= ABOUT THIS EXERCISE =
Across the listing below, count the lines containing "Prelude". Give nothing but the number.

= RECORDS FOR THIS EXERCISE =
-- ===== src/Packet/Accessors.antt =====
-- packet->packet_event_as_S2C_Login() and its fourteen siblings: null for another tag, or with no body.
use game_database_server.Prelude.{Option}
use game_database_server.Packet.Response.{
  S2cLogin, S2cLogout, S2cCreateAccount, S2cItemData, S2cPlayerData, S2cMonsterData, S2cPlayerChat,
  S2cShopList, S2cShopItems, S2cShopTransaction, S2cCreateGameServer, S2cGameServerList,
  S2cJoinGameServer, S2cCloseGameServer, S2cSavePlayerData,
}
use game_database_server.Packet.Event.{
  Event, s2c_login, s2c_logout, s2c_create_account, s2c_item_data, s2c_player_data,
  s2c_monster_data, s2c_player_chat, s2c_shop_list, s2c_shop_items, s2c_shop_transaction,
  s2c_create_game_server, s2c_game_server_list, s2c_join_game_server, s2c_close_game_server,
  s2c_save_player_data,
}

unfoldable pub as_s2c_login : Event → Option S2cLogin
as_s2c_login (s2c_login body) = body
as_s2c_login _ = Option.none

unfoldable pub as_s2c_logout : Event → Option S2cLogout
as_s2c_logout (s2c_logout body) = body
as_s2c_logout _ = Option.none

unfoldable pub as_s2c_create_account : Event → Option S2cCreateAccount
as_s2c_create_account (s2c_create_account body) = body
as_s2c_create_account _ = Option.none

unfoldable pub as_s2c_item_data : Event → Option S2cItemData
as_s2c_item_data (s2c_item_data body) = body
as_s2c_item_data _ = Option.none

unfoldable pub as_s2c_player_data : Event → Option S2cPlayerData
as_s2c_player_data (s2c_player_data body) = body
as_s2c_player_data _ = Option.none

unfoldable pub as_s2c_monster_data : Event → Option S2cMonsterData
as_s2c_monster_data (s2c_monster_data body) = body
as_s2c_monster_data _ = Option.none

unfoldable pub as_s2c_player_chat : Event → Option S2cPlayerChat
as_s2c_player_chat (s2c_player_chat body) = body
as_s2c_player_chat _ = Option.none

unfoldable pub as_s2c_shop_list : Event → Option S2cShopList
as_s2c_shop_list (s2c_shop_list body) = body
as_s2c_shop_list _ = Option.none

unfoldable pub as_s2c_shop_items : Event → Option S2cShopItems
as_s2c_shop_items (s2c_shop_items body) = body
as_s2c_shop_items _ = Option.none

unfoldable pub as_s2c_shop_transaction : Event → Option S2cShopTransaction
as_s2c_shop_transaction (s2c_shop_transaction body) = body
as_s2c_shop_transaction _ = Option.none

unfoldable pub as_s2c_create_game_server : Event → Option S2cCreateGameServer
as_s2c_create_game_server (s2c_create_game_server body) = body
as_s2c_create_game_server _ = Option.none

unfoldable pub as_s2c_game_server_list : Event → Option S2cGameServerList
as_s2c_game_server_list (s2c_game_server_list body) = body
as_s2c_game_server_list _ = Option.none

unfoldable pub as_s2c_join_game_server : Event → Option S2cJoinGameServer
as_s2c_join_game_server (s2c_join_game_server body) = body
as_s2c_join_game_server _ = Option.none

unfoldable pub as_s2c_close_game_server : Event → Option S2cCloseGameServer
as_s2c_close_game_server (s2c_close_game_server body) = body
as_s2c_close_game_server _ = Option.none

unfoldable pub as_s2c_save_player_data : Event → Option S2cSavePlayerData
as_s2c_save_player_data (s2c_save_player_data body) = body
as_s2c_save_player_data _ = Option.none
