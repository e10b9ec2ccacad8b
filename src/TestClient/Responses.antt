-- ===== src/TestClient/Responses.antt =====
-- ClientPacketManager.cpp, ParseLoginResponse to ParseSavePlayerDataResponse, and the tests of what
-- they return. The methods differ in the expected tag, the error text and the accessor.
use game_database_server.Prelude.{ℕ, Bool, List, Option, none, some, not, String, if◌then◌else◌}
use game_database_server.Packet.EventType.{EventType}
use game_database_server.Packet.ResultCode.{ResultCode}
use game_database_server.Packet.Response.{
  S2cLogin, S2cLogout, S2cCreateAccount, S2cItemData, S2cPlayerData, S2cMonsterData, S2cPlayerChat,
  S2cShopList, S2cShopItems, S2cShopTransaction, S2cCreateGameServer, S2cGameServerList,
  S2cJoinGameServer, S2cCloseGameServer, S2cSavePlayerData,
}
use game_database_server.Packet.Event.{Event}
use game_database_server.Packet.Accessors.{
  as_s2c_login, as_s2c_logout, as_s2c_create_account, as_s2c_item_data, as_s2c_player_data,
  as_s2c_monster_data, as_s2c_player_chat, as_s2c_shop_list, as_s2c_shop_items,
  as_s2c_shop_transaction, as_s2c_create_game_server, as_s2c_game_server_list,
  as_s2c_join_game_server, as_s2c_close_game_server, as_s2c_save_player_data,
}
use game_database_server.Platform.{Platform}
use game_database_server.PacketManager.Parse.{has_type, body_of}
use game_database_server.TestClient.Manager.{Method, fail_with, verify_packet}

module _ ⦃p : Platform⦄ where
  unfoldable pub parse_response :
      {A : Type 0} → EventType → String → (Event → Option A) → List ℕ → Method (Option A)
  parse_response type message as_body bytes m =
      let (valid, m') = verify_packet bytes m in
      let packet = p.get_database_packet bytes in
      if not valid
      then (none, m')
      else if not (has_type type packet)
      then (none, fail_with message m')
      else (body_of as_body packet, m')

  unfoldable pub parse_login_response : List ℕ → Method (Option S2cLogin)
  parse_login_response =
      parse_response EventType.s2c_login "Invalid login response packet" as_s2c_login

  unfoldable pub parse_logout_response : List ℕ → Method (Option S2cLogout)
  parse_logout_response =
      parse_response EventType.s2c_logout "Invalid logout response packet" as_s2c_logout

  unfoldable pub parse_create_account_response : List ℕ → Method (Option S2cCreateAccount)
  parse_create_account_response =
      parse_response EventType.s2c_create_account "Invalid create account response packet"
        as_s2c_create_account

  unfoldable pub parse_item_data_response : List ℕ → Method (Option S2cItemData)
  parse_item_data_response =
      parse_response EventType.s2c_item_data "Invalid item data response packet" as_s2c_item_data

  unfoldable pub parse_player_data_response : List ℕ → Method (Option S2cPlayerData)
  parse_player_data_response =
      parse_response EventType.s2c_player_data "Invalid player data response packet"
        as_s2c_player_data

  unfoldable pub parse_monster_data_response : List ℕ → Method (Option S2cMonsterData)
  parse_monster_data_response =
      parse_response EventType.s2c_monster_data "Invalid monster data response packet"
        as_s2c_monster_data

  unfoldable pub parse_player_chat_response : List ℕ → Method (Option S2cPlayerChat)
  parse_player_chat_response =
      parse_response EventType.s2c_player_chat "Invalid player chat response packet"
        as_s2c_player_chat

  unfoldable pub parse_shop_list_response : List ℕ → Method (Option S2cShopList)
  parse_shop_list_response =
      parse_response EventType.s2c_shop_list "Invalid shop list response packet" as_s2c_shop_list

  unfoldable pub parse_shop_items_response : List ℕ → Method (Option S2cShopItems)
  parse_shop_items_response =
      parse_response EventType.s2c_shop_items "Invalid shop items response packet" as_s2c_shop_items

  unfoldable pub parse_shop_transaction_response : List ℕ → Method (Option S2cShopTransaction)
  parse_shop_transaction_response =
      parse_response EventType.s2c_shop_transaction "Invalid shop transaction response packet"
        as_s2c_shop_transaction

  unfoldable pub parse_create_game_server_response : List ℕ → Method (Option S2cCreateGameServer)
  parse_create_game_server_response =
      parse_response EventType.s2c_create_game_server "Invalid create game server response packet"
        as_s2c_create_game_server

  unfoldable pub parse_game_server_list_response : List ℕ → Method (Option S2cGameServerList)
  parse_game_server_list_response =
      parse_response EventType.s2c_game_server_list "Invalid game server list response packet"
        as_s2c_game_server_list

  unfoldable pub parse_join_game_server_response : List ℕ → Method (Option S2cJoinGameServer)
  parse_join_game_server_response =
      parse_response EventType.s2c_join_game_server "Invalid join game server response packet"
        as_s2c_join_game_server

  unfoldable pub parse_close_game_server_response : List ℕ → Method (Option S2cCloseGameServer)
  parse_close_game_server_response =
      parse_response EventType.s2c_close_game_server "Invalid close game server response packet"
        as_s2c_close_game_server

  unfoldable pub parse_save_player_data_response : List ℕ → Method (Option S2cSavePlayerData)
  parse_save_player_data_response =
      parse_response EventType.s2c_save_player_data "Invalid save player data response packet"
        as_s2c_save_player_data

-- response && response->result() == ResultCode_SUCCESS
abbrev pub is_success : ResultCode → Bool
is_success ResultCode.success = Bool.true
is_success _ = Bool.false

abbrev pub result_is_success : {A : Type 0} → (A → ResultCode) → Option A → Bool
result_is_success result none = Bool.false
result_is_success result (some r) = is_success (result r)

unfoldable pub is_login_success : Option S2cLogin → Bool
is_login_success = result_is_success (λ (r : S2cLogin). r.result)

unfoldable pub is_create_account_success : Option S2cCreateAccount → Bool
is_create_account_success = result_is_success (λ (r : S2cCreateAccount). r.result)

unfoldable pub is_player_data_valid : Option S2cPlayerData → Bool
is_player_data_valid = result_is_success (λ (r : S2cPlayerData). r.result)

unfoldable pub is_item_data_valid : Option S2cItemData → Bool
is_item_data_valid = result_is_success (λ (r : S2cItemData). r.result)

unfoldable pub is_shop_list_valid : Option S2cShopList → Bool
is_shop_list_valid = result_is_success (λ (r : S2cShopList). r.result)

unfoldable pub is_shop_items_valid : Option S2cShopItems → Bool
is_shop_items_valid = result_is_success (λ (r : S2cShopItems). r.result)

unfoldable pub is_shop_transaction_success : Option S2cShopTransaction → Bool
is_shop_transaction_success = result_is_success (λ (r : S2cShopTransaction). r.result)

unfoldable pub is_create_game_server_success : Option S2cCreateGameServer → Bool
is_create_game_server_success = result_is_success (λ (r : S2cCreateGameServer). r.result)

unfoldable pub is_game_server_list_valid : Option S2cGameServerList → Bool
is_game_server_list_valid = result_is_success (λ (r : S2cGameServerList). r.result)

unfoldable pub is_join_game_server_success : Option S2cJoinGameServer → Bool
is_join_game_server_success = result_is_success (λ (r : S2cJoinGameServer). r.result)

unfoldable pub is_close_game_server_success : Option S2cCloseGameServer → Bool
is_close_game_server_success = result_is_success (λ (r : S2cCloseGameServer). r.result)

unfoldable pub is_save_player_data_success : Option S2cSavePlayerData → Bool
is_save_player_data_success = result_is_success (λ (r : S2cSavePlayerData). r.result)
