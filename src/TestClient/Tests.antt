-- ===== src/TestClient/Tests.antt =====
-- ClientMain.cpp, TestLogin to TestJoinGameServer, with the lines that the user types as arguments.
use game_database_server.Prelude.{
  ℕ, Bool, true, false, not, ◌&&◌, ◌||◌, List, [], ◌∷◌, Option, none, some, String, str_eq, ◌==◌,
  if◌then◌else◌,
}
use game_database_server.Text.{stoul}
use game_database_server.Packet.Response.{
  S2cLogin, S2cLogout, S2cCreateAccount, S2cCreateGameServer, S2cGameServerList, S2cJoinGameServer,
  GameServerData,
}
use game_database_server.Platform.{Platform}
use game_database_server.PacketManager.Defs.{is_empty}
use game_database_server.TestClient.Manager.{Method}
use game_database_server.TestClient.Requests.{
  create_login_request, create_logout_request, create_account_request, create_game_server_request,
  create_game_server_list_request, create_join_game_server_request,
}
use game_database_server.TestClient.Responses.{
  parse_login_response, parse_logout_response, parse_create_account_response,
  parse_create_game_server_response, parse_game_server_list_response,
  parse_join_game_server_response, is_login_success, is_create_account_success,
  is_create_game_server_success, is_game_server_list_valid, is_join_game_server_success, is_success,
}
use game_database_server.TestClient.Network.{Network}
use game_database_server.TestClient.Session.{
  GameServerTestClient, managed, try_reconnect, send_packet, receive_packet,
}

-- The choices of the menu with the lines that are typed behind them; `other` is a line that is no
-- choice.
pub data Choice : Type 0 where
  login : (username password : String) → Choice
  logout : Choice
  create_account : (username password nickname : String) → Choice
  create_game_server :
      (server_name server_password server_ip server_port max_players : String) → Choice
  game_server_list : Choice
  join_game_server : (server_id server_password : String) → Choice
  show_status reconnect exit other : Choice

-- The result; `none` where a null pointer is followed, and the process stops.
abbrev pub Test : Type 0
Test = GameServerTestClient → Option Bool × GameServerTestClient

-- RunTestLoop and main: returned, waiting for the next line, or stopped by a null pointer.
pub data Progress (A : Type 0) : Type 0 where
  returned : A → Progress A
  waiting crashed : Progress A

abbrev pub has_text : Option String → Bool
has_text none = false
has_text (some t) = true

-- The texts of a response that its test follows to print them.
abbrev pub account_texts : S2cCreateAccount → Bool
account_texts r = has_text r.message

abbrev pub game_server_texts : S2cCreateGameServer → Bool
game_server_texts r = has_text r.message

abbrev pub server_texts : List GameServerData → Bool
server_texts [] = true
server_texts (d ∷ ds) =
    has_text d.owner_nickname
    && (has_text d.server_name && (has_text d.server_ip && server_texts ds))

abbrev pub list_texts : S2cGameServerList → Bool
list_texts r = not (is_success r.result) || server_texts r.servers

abbrev pub join_texts : S2cJoinGameServer → Bool
join_texts r = has_text r.message && (not (is_success r.result) || has_text r.server_ip)

-- The result of a test for a response, or for none.
abbrev pub told :
    {A : Type 0} (texts : A → Bool) (success : Option A → Bool) → Option A → Option Bool
told texts success none = some false
told texts success (some r) = if texts r then some (success (some r)) else none

-- The user of a successful response: username()->str() and nickname()->str().
abbrev pub logged_in : (username nickname : Option String) (user_id : ℕ) → Test
logged_in none nickname user_id c = (none, record c { current_user_id = user_id })
logged_in (some username) none user_id c =
    (none, record c { current_user_id = user_id; current_username = username })
logged_in (some username) (some nickname) user_id c =
    (some true, record c { current_user_id = user_id; current_username = username })

-- message()->str() of a successful response.
abbrev pub logged_out : (message : Option String) → Test
logged_out none c = (none, c)
logged_out (some message) c = (some true, record c { current_user_id = 0; current_username = "" })

module _ ⦃p : Platform⦄ ⦃net : Network⦄ where
  -- The response is received and parsed; `none` where that fails.
  unfoldable pub receive_response :
      {A : Type 0}
      → (List ℕ → Method (Option A))
      → GameServerTestClient
      → Option A × GameServerTestClient
  receive_response parse c =
      let (response, c') = receive_packet c in
      if is_empty response then (none, c') else managed (parse response) c'

  -- What the tests share: the packet is made and sent, and the response is received and parsed.
  unfoldable pub exchange :
      {A : Type 0}
      → Method (List ℕ)
      → (List ℕ → Method (Option A))
      → GameServerTestClient
      → Option A × GameServerTestClient
  exchange create parse c =
      let (packet, c1) = managed create c in
      let (done, c2) = send_packet packet c1 in
      if is_empty packet then (none, c1) else if done then receive_response parse c2 else (none, c2)

  abbrev pub log_in : Option S2cLogin → Test
  log_in none c = (some false, c)
  log_in (some r) c =
      if is_login_success (some r)
      then logged_in r.username r.nickname r.user_id c
      else (some false, c)

  -- The end of TestLogin, which connects again where no response comes.
  unfoldable pub receive_login : Test
  receive_login c =
      let (response, c') = receive_packet c in
      if is_empty response
      then (some false, (try_reconnect c').1)
      else let (r, c'') = managed (parse_login_response response) c' in log_in r c''

  -- A packet that could not be sent is sent once more on a new connection.
  unfoldable pub send_again : List ℕ → Test
  send_again packet c =
      let (again, c') = try_reconnect c in
      let (done, c'') = send_packet packet c' in
      if again then (if done then receive_login c'' else (some false, c'')) else (some false, c')

  unfoldable pub test_login : (username password : String) → Test
  test_login username password c =
      let (packet, c1) = managed (create_login_request username password) c in
      let (done, c2) = send_packet packet c1 in
      if str_eq username "" || str_eq password ""
      then (some false, c)
      else if is_empty packet
      then (some false, c1)
      else if done
      then receive_login c2
      else send_again packet c2

  abbrev pub log_out : Option S2cLogout → Test
  log_out none c = (some false, c)
  log_out (some r) c = if is_success r.result then logged_out r.message c else (some false, c)

  unfoldable pub test_logout : Test
  test_logout c =
      let (r, c') = exchange (create_logout_request c.current_user_id) parse_logout_response c in
      if c.current_user_id == 0 then (some false, c) else log_out r c'

  unfoldable pub test_create_account : (username password nickname : String) → Test
  test_create_account username password nickname c =
      let (r, c') =
        exchange (create_account_request username password nickname) parse_create_account_response
          c in
      if str_eq username "" || str_eq password "" || str_eq nickname ""
      then (some false, c)
      else (told account_texts is_create_account_success r, c')

  -- The numbers that were typed; none for the most players are 10.
  abbrev pub port_and_players : (port players : String) → Option (ℕ × ℕ)
  port_and_players port players = elim (stoul port) [
    | none ↦ none
    | some n ↦
        if str_eq players ""
        then some (n, 10)
        else elim (stoul players) [ none ↦ none | some m ↦ some (n, m) ]
  ]

  abbrev pub create_with : (server_name server_password server_ip : String) → Option (ℕ × ℕ) → Test
  create_with server_name server_password server_ip none c = (some false, c)
  create_with server_name server_password server_ip (some (port, players)) c =
      let (r, c') =
        exchange
          (create_game_server_request c.current_user_id server_name server_password server_ip port
            players)
          parse_create_game_server_response c in
      (told game_server_texts is_create_game_server_success r, c')

  unfoldable pub test_create_game_server :
      (server_name server_password server_ip server_port max_players : String) → Test
  test_create_game_server server_name server_password server_ip server_port max_players c =
      if c.current_user_id == 0
      then (some false, c)
      else if str_eq server_name "" || str_eq server_ip "" || str_eq server_port ""
      then (some false, c)
      else create_with server_name server_password server_ip
          (port_and_players server_port max_players) c

  unfoldable pub test_game_server_list : Test
  test_game_server_list c =
      let (r, c') =
        exchange (create_game_server_list_request 0) parse_game_server_list_response c in
      (told list_texts is_game_server_list_valid r, c')

  abbrev pub join_with : (server_password : String) → Option ℕ → Test
  join_with server_password none c = (some false, c)
  join_with server_password (some server_id) c =
      let (r, c') =
        exchange (create_join_game_server_request c.current_user_id server_id server_password)
          parse_join_game_server_response c in
      (told join_texts is_join_game_server_success r, c')

  unfoldable pub test_join_game_server : (server_id server_password : String) → Test
  test_join_game_server server_id server_password c =
      if c.current_user_id == 0
      then (some false, c)
      else if str_eq server_id ""
      then (some false, c)
      else join_with server_password (stoul server_id) c

  -- The switch of RunTestLoop.
  unfoldable pub run_choice : Choice → Test
  run_choice (Choice.login username password) c = test_login username password c
  run_choice Choice.logout c = test_logout c
  run_choice (Choice.create_account username password nickname) c =
      test_create_account username password nickname c
  run_choice
        (Choice.create_game_server server_name server_password server_ip server_port max_players)
        c =
      test_create_game_server server_name server_password server_ip server_port max_players c
  run_choice Choice.game_server_list c = test_game_server_list c
  run_choice (Choice.join_game_server server_id server_password) c =
      test_join_game_server server_id server_password c
  run_choice Choice.reconnect c = let (done, c') = try_reconnect c in (some done, c')
  run_choice _ c = (some false, c)

  abbrev pub going :
      Option Bool
      → GameServerTestClient
      → Progress (Unit {0}) × GameServerTestClient
      → Progress (Unit {0}) × GameServerTestClient
  going none c rest = (Progress.crashed, c)
  going (some done) c rest = rest

  -- RunTestLoop for the choices that are typed: it returns at the choice of the exit, and where no
  -- choice is left it waits for one.
  unfoldable pub run_test_loop :
      List Choice → GameServerTestClient → Progress (Unit {0}) × GameServerTestClient
  run_test_loop [] c = (Progress.waiting, c)
  run_test_loop (Choice.exit ∷ choices) c = (Progress.returned tt, c)
  run_test_loop (choice ∷ choices) c =
      let (done, c') = run_choice choice c in
      let rest = run_test_loop choices c' in going done c' rest
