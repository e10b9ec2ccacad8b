-- ===== src/TestClient/Calls.antt =====
-- A call of one of the methods that create a request, and the packet that it builds.
use game_database_server.Prelude.{ℕ, ◌≡◌, true, false, List, none, some, String}
use game_database_server.Packet.Event.{
  Event, DatabasePacket, c2s_close_game_server, c2s_create_account, c2s_create_game_server,
  c2s_game_server_list, c2s_item_data, c2s_join_game_server, c2s_login, c2s_logout,
  c2s_monster_data, c2s_player_chat, c2s_player_data, c2s_save_player_data, c2s_shop_items,
  c2s_shop_list, c2s_shop_transaction,
}
use game_database_server.Platform.{Platform}
use game_database_server.PacketManager.Defs.{is_empty}
use game_database_server.TestClient.Manager.{Method}
use game_database_server.TestClient.Requests.{
  create_login_request, create_logout_request, create_account_request, create_item_data_request,
  create_player_data_query_request, create_player_data_update_request, create_monster_data_request,
  create_chat_send_request, create_chat_query_request, create_shop_list_request,
  create_shop_items_request, create_shop_transaction_request, create_game_server_request,
  create_game_server_list_request, create_join_game_server_request,
  create_close_game_server_request, create_save_player_data_request,
}

-- FlatBuffers builds these bytes from the packet, they pass its verifier, and it reads the same
-- packet from them.
pub record Carries ⦃p : Platform⦄ (d : DatabasePacket) (bytes : List ℕ) : Type 0 where
  pub built : p.build d ≡ some bytes
  pub some_bytes : is_empty bytes ≡ false
  pub verified : p.verify_buffer bytes ≡ true
  pub read : p.get_database_packet bytes ≡ some d

-- A call of one of the seventeen methods.
pub data RequestCall : Type 0 where
  login : (username password : String) → RequestCall
  logout : (user_id : ℕ) → RequestCall
  account : (username password nickname : String) → RequestCall
  item_data : (user_id request_type item_id item_count : ℕ) → RequestCall
  player_data_query : (user_id : ℕ) → RequestCall
  player_data_update : (user_id level exp hp mp pos_x pos_y : ℕ) → RequestCall
  monster_data : (request_type monster_id : ℕ) → RequestCall
  chat_send : (sender_id receiver_id : ℕ) → (message : String) → (chat_type : ℕ) → RequestCall
  chat_query : (request_type sender_id receiver_id chat_type : ℕ) → RequestCall
  shop_list : (request_type map_id : ℕ) → RequestCall
  shop_items : (shop_id : ℕ) → RequestCall
  shop_transaction : (user_id shop_id item_id item_count transaction_type : ℕ) → RequestCall
  game_server :
      (user_id : ℕ)
      → (server_name server_password server_ip : String) → (server_port max_players : ℕ)
      → RequestCall
  game_server_list : (request_type : ℕ) → RequestCall
  join_game_server : (user_id server_id : ℕ) → (server_password : String) → RequestCall
  close_game_server : (user_id server_id : ℕ) → RequestCall
  save_player_data : (user_id level exp hp mp gold pos_x pos_y : ℕ) → RequestCall

-- The table that the bytes hold.
abbrev pub carried : RequestCall → Event
carried (RequestCall.login username password) =
    c2s_login (some (record { username = some username; password = some password }))
carried (RequestCall.logout user_id) = c2s_logout (some (record { user_id = user_id }))
carried (RequestCall.account username password nickname) =
    c2s_create_account (
      some
        (record { username = some username; password = some password; nickname = some nickname }))
carried (RequestCall.item_data user_id request_type item_id item_count) = c2s_item_data (
    some (record {
      user_id = user_id;
      request_type = request_type;
      item_id = item_id;
      item_count = item_count;
    }))
carried (RequestCall.player_data_query user_id) = c2s_player_data (
    some (record {
      user_id = user_id;
      request_type = 0;
      level = 0;
      exp = 0;
      hp = 0;
      mp = 0;
      pos_x = 0;
      pos_y = 0;
    }))
carried (RequestCall.player_data_update user_id level exp hp mp pos_x pos_y) = c2s_player_data (
    some (record {
      user_id = user_id;
      request_type = 1;
      level = level;
      exp = exp;
      hp = hp;
      mp = mp;
      pos_x = pos_x;
      pos_y = pos_y;
    }))
carried (RequestCall.monster_data request_type monster_id) =
    c2s_monster_data (some (record { request_type = request_type; monster_id = monster_id }))
carried (RequestCall.chat_send sender_id receiver_id message chat_type) = c2s_player_chat (
    some (record {
      request_type = 1;
      sender_id = sender_id;
      receiver_id = receiver_id;
      message = some message;
      chat_type = chat_type;
    }))
carried (RequestCall.chat_query request_type sender_id receiver_id chat_type) = c2s_player_chat (
    some (record {
      request_type = 0;
      sender_id = sender_id;
      receiver_id = receiver_id;
      message = none;
      chat_type = chat_type;
    }))
carried (RequestCall.shop_list request_type map_id) =
    c2s_shop_list (some (record { request_type = request_type; map_id = map_id }))
carried (RequestCall.shop_items shop_id) = c2s_shop_items (some (record { shop_id = shop_id }))
carried (RequestCall.shop_transaction user_id shop_id item_id item_count transaction_type) =
    c2s_shop_transaction (
      some (record {
        user_id = user_id;
        shop_id = shop_id;
        item_id = item_id;
        item_count = item_count;
        transaction_type = transaction_type;
      }))
carried
      (RequestCall.game_server user_id server_name server_password server_ip server_port
        max_players) =
    c2s_create_game_server (
      some (record {
        user_id = user_id;
        server_name = some server_name;
        server_password = some server_password;
        server_ip = some server_ip;
        server_port = server_port;
        max_players = max_players;
      }))
carried (RequestCall.game_server_list request_type) =
    c2s_game_server_list (some (record { request_type = request_type }))
carried (RequestCall.join_game_server user_id server_id server_password) = c2s_join_game_server (
    some
      (record { user_id = user_id; server_id = server_id; server_password = some server_password }))
carried (RequestCall.close_game_server user_id server_id) =
    c2s_close_game_server (some (record { user_id = user_id; server_id = server_id }))
carried (RequestCall.save_player_data user_id level exp hp mp gold pos_x pos_y) =
    c2s_save_player_data (
      some (record {
        user_id = user_id;
        level = level;
        exp = exp;
        hp = hp;
        mp = mp;
        gold = gold;
        pos_x = pos_x;
        pos_y = pos_y;
      }))

module _ ⦃p : Platform⦄ where
  abbrev pub made : RequestCall → Method (List ℕ)
  made (RequestCall.login username password) = create_login_request username password
  made (RequestCall.logout user_id) = create_logout_request user_id
  made (RequestCall.account username password nickname) =
      create_account_request username password nickname
  made (RequestCall.item_data user_id request_type item_id item_count) =
      create_item_data_request user_id request_type item_id item_count
  made (RequestCall.player_data_query user_id) = create_player_data_query_request user_id
  made (RequestCall.player_data_update user_id level exp hp mp pos_x pos_y) =
      create_player_data_update_request user_id level exp hp mp pos_x pos_y
  made (RequestCall.monster_data request_type monster_id) =
      create_monster_data_request request_type monster_id
  made (RequestCall.chat_send sender_id receiver_id message chat_type) =
      create_chat_send_request sender_id receiver_id message chat_type
  made (RequestCall.chat_query request_type sender_id receiver_id chat_type) =
      create_chat_query_request request_type sender_id receiver_id chat_type
  made (RequestCall.shop_list request_type map_id) = create_shop_list_request request_type map_id
  made (RequestCall.shop_items shop_id) = create_shop_items_request shop_id
  made (RequestCall.shop_transaction user_id shop_id item_id item_count transaction_type) =
      create_shop_transaction_request user_id shop_id item_id item_count transaction_type
  made
        (RequestCall.game_server user_id server_name server_password server_ip server_port
          max_players) =
      create_game_server_request user_id server_name server_password server_ip server_port
        max_players
  made (RequestCall.game_server_list request_type) = create_game_server_list_request request_type
  made (RequestCall.join_game_server user_id server_id server_password) =
      create_join_game_server_request user_id server_id server_password
  made (RequestCall.close_game_server user_id server_id) =
      create_close_game_server_request user_id server_id
  made (RequestCall.save_player_data user_id level exp hp mp gold pos_x pos_y) =
      create_save_player_data_request user_id level exp hp mp gold pos_x pos_y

= FINISHED TASK =
4